▶ _WORK INSTRUCTIONS_: Retype, word for word, every line from the one holding "(p : Priority) (t : Tests) (ph" through the one holding "apply-encode temperature t ph" in the entries below, both included, and only those lines.

▶ _THE DATA_:
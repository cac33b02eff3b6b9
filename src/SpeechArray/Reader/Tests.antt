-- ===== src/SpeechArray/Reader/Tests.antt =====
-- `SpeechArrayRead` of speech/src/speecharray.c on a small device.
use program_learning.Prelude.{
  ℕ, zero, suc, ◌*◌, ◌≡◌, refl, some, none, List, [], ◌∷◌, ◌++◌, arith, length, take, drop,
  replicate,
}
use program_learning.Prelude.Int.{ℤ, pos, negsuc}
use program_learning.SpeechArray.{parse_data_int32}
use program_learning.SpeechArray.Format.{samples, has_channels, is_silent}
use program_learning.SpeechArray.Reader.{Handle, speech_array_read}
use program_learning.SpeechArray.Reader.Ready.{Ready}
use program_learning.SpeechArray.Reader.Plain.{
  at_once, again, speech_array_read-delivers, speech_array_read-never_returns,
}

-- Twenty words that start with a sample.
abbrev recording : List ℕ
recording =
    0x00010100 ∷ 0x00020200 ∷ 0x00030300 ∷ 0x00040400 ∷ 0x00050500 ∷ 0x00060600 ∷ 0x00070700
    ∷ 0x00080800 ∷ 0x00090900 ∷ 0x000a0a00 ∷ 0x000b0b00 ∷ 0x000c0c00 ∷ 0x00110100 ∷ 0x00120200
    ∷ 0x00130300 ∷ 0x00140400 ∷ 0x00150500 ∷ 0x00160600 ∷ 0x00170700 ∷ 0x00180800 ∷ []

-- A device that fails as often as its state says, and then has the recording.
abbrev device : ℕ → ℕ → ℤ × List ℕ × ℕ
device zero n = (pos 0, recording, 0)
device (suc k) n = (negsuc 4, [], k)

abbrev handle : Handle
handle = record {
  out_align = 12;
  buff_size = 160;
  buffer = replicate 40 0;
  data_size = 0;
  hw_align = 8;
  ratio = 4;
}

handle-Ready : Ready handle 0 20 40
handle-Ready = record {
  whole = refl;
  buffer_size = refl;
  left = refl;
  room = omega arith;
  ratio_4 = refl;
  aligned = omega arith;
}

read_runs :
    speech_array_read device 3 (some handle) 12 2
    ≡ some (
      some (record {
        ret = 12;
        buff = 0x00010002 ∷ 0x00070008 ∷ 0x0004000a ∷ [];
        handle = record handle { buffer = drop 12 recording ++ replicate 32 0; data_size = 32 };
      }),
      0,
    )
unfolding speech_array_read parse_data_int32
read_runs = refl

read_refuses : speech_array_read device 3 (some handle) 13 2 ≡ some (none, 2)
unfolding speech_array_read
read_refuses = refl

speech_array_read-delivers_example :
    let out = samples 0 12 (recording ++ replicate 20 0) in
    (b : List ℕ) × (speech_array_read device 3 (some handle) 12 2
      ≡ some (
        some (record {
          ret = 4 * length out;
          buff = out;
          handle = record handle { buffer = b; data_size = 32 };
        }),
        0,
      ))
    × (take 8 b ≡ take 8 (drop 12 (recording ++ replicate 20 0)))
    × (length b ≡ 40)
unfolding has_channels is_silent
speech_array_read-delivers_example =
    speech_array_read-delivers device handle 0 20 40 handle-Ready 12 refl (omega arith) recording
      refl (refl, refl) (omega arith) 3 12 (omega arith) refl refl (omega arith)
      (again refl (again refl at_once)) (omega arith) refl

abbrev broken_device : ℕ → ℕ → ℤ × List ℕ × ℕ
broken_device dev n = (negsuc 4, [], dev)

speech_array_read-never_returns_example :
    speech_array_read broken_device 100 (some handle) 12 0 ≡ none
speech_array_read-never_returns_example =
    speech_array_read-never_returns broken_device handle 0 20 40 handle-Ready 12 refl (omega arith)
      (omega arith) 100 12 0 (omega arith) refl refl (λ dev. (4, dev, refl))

--

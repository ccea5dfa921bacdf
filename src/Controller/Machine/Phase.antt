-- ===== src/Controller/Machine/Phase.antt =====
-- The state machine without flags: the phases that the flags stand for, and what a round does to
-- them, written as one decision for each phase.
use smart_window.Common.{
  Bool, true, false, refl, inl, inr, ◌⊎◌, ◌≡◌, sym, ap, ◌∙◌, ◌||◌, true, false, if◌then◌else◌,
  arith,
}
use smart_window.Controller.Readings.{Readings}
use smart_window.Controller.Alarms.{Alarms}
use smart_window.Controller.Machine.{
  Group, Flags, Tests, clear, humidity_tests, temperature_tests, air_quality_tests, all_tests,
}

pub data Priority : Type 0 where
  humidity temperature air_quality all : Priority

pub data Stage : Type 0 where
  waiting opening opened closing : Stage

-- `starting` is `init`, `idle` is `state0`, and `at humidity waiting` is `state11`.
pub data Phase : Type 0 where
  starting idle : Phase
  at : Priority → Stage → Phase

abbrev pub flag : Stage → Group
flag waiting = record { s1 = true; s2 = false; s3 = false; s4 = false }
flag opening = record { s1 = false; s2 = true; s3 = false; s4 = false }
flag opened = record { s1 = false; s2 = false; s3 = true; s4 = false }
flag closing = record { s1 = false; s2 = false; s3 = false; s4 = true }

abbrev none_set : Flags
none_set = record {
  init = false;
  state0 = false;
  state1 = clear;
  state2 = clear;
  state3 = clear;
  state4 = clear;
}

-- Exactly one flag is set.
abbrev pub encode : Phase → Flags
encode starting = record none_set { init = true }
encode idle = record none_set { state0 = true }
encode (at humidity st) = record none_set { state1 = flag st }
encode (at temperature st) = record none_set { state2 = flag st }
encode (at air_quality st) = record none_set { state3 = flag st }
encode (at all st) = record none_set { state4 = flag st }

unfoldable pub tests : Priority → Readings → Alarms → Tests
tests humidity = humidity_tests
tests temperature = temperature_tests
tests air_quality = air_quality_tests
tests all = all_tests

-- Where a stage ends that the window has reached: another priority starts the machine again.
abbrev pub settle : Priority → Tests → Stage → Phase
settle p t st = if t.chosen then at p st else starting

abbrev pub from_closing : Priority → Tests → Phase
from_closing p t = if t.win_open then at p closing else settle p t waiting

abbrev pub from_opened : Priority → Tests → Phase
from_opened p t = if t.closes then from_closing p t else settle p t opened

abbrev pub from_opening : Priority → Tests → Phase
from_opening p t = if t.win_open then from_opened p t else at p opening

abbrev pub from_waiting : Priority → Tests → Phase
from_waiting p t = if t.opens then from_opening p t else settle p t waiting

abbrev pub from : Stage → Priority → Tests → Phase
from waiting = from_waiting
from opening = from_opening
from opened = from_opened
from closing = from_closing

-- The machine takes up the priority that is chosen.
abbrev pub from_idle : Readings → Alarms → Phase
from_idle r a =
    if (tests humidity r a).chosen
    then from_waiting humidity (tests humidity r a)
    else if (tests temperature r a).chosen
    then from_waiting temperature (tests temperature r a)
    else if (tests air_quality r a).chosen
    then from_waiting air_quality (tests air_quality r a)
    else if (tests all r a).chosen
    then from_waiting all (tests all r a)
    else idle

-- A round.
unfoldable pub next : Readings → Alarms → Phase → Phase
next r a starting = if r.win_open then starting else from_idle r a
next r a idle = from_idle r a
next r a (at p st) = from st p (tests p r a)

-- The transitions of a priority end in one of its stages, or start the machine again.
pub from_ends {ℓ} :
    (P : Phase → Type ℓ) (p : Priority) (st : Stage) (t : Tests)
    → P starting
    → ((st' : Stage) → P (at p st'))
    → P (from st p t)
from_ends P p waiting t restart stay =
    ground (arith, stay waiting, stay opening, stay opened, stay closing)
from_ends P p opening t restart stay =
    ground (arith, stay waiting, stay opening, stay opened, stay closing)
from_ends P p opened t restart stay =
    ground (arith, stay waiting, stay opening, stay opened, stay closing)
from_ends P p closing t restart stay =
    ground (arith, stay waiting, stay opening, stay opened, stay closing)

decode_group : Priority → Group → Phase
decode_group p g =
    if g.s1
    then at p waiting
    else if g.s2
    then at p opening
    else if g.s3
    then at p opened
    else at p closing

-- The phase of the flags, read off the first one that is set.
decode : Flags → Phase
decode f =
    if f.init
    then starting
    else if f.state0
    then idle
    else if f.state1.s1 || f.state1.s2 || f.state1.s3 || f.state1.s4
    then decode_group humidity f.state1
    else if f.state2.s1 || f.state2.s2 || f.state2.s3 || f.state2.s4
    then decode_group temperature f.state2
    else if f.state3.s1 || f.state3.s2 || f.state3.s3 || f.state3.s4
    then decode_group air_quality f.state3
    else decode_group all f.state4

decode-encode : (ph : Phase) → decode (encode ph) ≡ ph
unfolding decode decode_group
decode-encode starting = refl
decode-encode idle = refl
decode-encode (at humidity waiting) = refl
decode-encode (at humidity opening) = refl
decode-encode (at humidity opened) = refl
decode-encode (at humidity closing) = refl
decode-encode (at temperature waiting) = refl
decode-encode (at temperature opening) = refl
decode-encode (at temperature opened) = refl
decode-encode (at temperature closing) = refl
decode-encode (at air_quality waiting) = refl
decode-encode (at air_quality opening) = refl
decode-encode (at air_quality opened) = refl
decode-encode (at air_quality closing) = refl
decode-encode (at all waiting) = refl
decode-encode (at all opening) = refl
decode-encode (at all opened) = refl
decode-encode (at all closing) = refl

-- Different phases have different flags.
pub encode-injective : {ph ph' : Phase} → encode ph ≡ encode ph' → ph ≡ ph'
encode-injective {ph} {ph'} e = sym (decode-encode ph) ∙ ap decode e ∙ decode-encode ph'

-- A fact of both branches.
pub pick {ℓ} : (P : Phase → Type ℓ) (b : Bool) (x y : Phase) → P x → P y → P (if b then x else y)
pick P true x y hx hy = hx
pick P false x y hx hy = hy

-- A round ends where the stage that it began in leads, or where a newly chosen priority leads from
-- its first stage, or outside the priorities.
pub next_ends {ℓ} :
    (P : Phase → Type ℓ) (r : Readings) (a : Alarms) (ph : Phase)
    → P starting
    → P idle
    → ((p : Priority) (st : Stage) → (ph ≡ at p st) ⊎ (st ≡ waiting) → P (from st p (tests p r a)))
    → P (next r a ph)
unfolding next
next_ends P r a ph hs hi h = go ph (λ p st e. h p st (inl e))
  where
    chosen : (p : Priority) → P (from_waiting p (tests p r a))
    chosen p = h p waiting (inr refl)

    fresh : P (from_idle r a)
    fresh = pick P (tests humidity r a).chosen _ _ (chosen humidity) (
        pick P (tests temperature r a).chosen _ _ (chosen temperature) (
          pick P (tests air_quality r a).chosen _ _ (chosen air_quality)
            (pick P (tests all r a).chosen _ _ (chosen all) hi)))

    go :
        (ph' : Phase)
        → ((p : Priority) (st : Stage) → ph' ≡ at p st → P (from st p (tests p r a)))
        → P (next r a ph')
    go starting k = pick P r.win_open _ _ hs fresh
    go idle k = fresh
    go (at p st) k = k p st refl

...

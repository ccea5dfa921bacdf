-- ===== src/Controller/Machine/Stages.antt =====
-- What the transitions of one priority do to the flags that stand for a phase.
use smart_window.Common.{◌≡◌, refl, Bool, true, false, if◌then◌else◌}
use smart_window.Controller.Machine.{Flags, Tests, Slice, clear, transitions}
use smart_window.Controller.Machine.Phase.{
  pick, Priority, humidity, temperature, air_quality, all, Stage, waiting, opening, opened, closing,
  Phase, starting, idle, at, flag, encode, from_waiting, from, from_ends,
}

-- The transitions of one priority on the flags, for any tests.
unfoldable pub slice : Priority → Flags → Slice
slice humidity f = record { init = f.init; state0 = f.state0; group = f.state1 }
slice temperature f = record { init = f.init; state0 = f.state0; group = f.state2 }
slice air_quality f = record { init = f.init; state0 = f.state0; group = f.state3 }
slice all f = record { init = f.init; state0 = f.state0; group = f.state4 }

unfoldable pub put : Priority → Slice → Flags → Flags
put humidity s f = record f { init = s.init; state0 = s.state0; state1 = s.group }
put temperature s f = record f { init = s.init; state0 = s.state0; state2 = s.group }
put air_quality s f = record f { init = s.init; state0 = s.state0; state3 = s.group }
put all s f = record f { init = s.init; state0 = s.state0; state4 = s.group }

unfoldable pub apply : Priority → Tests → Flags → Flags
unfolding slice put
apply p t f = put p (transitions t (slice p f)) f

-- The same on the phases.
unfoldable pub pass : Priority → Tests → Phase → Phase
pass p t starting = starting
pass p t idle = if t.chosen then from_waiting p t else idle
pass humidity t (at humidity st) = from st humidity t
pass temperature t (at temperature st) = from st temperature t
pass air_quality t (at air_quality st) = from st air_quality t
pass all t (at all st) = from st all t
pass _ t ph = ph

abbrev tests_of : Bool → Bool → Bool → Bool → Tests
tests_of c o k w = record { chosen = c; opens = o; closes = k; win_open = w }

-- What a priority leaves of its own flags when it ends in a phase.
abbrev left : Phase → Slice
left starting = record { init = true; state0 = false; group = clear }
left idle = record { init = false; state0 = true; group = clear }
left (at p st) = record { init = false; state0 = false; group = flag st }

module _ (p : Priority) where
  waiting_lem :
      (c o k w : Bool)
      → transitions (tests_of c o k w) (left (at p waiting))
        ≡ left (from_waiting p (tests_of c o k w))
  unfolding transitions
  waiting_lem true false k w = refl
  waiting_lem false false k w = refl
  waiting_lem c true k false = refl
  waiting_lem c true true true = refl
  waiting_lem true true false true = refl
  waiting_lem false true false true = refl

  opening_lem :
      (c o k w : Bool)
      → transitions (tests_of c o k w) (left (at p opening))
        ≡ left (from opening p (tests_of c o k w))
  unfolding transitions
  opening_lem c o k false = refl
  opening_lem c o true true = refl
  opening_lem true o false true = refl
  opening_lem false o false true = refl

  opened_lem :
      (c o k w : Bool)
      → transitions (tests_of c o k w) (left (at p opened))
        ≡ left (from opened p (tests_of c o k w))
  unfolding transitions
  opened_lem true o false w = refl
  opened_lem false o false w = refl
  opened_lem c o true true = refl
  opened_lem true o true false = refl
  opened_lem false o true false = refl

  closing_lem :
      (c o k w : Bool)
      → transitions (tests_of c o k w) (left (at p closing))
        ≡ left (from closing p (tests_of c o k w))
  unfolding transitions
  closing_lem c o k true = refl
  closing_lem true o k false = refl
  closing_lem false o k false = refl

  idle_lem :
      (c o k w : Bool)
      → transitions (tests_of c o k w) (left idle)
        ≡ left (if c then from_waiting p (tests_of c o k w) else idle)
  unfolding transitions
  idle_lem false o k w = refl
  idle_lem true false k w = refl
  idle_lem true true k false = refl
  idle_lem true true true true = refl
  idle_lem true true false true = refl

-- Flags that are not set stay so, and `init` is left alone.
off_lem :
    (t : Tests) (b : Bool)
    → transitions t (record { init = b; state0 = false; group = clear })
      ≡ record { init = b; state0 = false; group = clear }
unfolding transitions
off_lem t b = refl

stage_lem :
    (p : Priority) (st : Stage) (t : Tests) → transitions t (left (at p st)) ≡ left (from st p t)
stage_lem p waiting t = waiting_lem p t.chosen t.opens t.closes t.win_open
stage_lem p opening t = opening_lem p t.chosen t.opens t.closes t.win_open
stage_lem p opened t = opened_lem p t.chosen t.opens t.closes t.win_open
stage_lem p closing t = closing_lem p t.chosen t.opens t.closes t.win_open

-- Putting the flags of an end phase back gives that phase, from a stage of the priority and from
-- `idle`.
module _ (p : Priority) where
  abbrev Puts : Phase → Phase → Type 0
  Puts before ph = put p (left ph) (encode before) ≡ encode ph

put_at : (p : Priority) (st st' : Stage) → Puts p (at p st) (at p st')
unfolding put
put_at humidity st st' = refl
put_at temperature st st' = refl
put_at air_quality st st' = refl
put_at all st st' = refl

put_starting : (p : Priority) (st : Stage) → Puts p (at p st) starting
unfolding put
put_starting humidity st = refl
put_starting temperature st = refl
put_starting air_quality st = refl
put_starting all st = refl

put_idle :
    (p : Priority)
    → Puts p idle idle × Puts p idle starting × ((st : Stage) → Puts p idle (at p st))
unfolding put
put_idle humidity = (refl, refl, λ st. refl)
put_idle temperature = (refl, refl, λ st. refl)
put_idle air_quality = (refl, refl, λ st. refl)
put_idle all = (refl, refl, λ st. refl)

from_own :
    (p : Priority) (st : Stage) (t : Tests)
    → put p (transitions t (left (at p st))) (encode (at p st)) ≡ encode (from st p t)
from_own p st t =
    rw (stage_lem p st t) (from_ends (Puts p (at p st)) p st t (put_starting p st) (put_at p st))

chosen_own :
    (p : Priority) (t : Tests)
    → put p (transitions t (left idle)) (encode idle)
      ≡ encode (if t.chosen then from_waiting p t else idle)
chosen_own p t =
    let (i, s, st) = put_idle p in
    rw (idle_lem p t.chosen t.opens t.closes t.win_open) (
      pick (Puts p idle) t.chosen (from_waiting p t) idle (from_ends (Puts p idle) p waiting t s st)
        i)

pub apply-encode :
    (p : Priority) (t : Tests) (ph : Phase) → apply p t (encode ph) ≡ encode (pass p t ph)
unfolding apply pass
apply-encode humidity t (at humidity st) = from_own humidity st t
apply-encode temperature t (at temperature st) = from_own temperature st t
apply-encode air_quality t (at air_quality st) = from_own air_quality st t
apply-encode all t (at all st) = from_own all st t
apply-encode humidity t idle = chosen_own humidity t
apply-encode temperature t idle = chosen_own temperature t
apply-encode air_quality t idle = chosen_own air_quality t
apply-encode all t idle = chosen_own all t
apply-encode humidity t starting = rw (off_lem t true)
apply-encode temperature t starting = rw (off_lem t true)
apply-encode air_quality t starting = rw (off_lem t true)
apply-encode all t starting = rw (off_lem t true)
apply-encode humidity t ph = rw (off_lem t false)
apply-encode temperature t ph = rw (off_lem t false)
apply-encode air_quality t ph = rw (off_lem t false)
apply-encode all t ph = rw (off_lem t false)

▶ _SOLUTION FOR THIS TASK_:
    (p : Priority) (t : Tests) (ph : Phase) → apply p t (encode ph) ≡ encode (pass p t ph)
unfolding apply pass
apply-encode humidity t (at humidity st) = from_own humidity st t
apply-encode temperature t (at temperature st) = from_own temperature st t
apply-encode air_quality t (at air_quality st) = from_own air_quality st t
apply-encode all t (at all st) = from_own all st t
apply-encode humidity t idle = chosen_own humidity t
apply-encode temperature t idle = chosen_own temperature t
apply-encode air_quality t idle = chosen_own air_quality t
apply-encode all t idle = chosen_own all t
apply-encode humidity t starting = rw (off_lem t true)
apply-encode temperature t starting = rw (off_lem t true)
apply-encode air_quality t starting = rw (off_lem t true)
apply-encode all t starting = rw (off_lem t true)
apply-encode humidity t ph = rw (off_lem t false)
apply-encode temperature t ph = rw (off_lem t false)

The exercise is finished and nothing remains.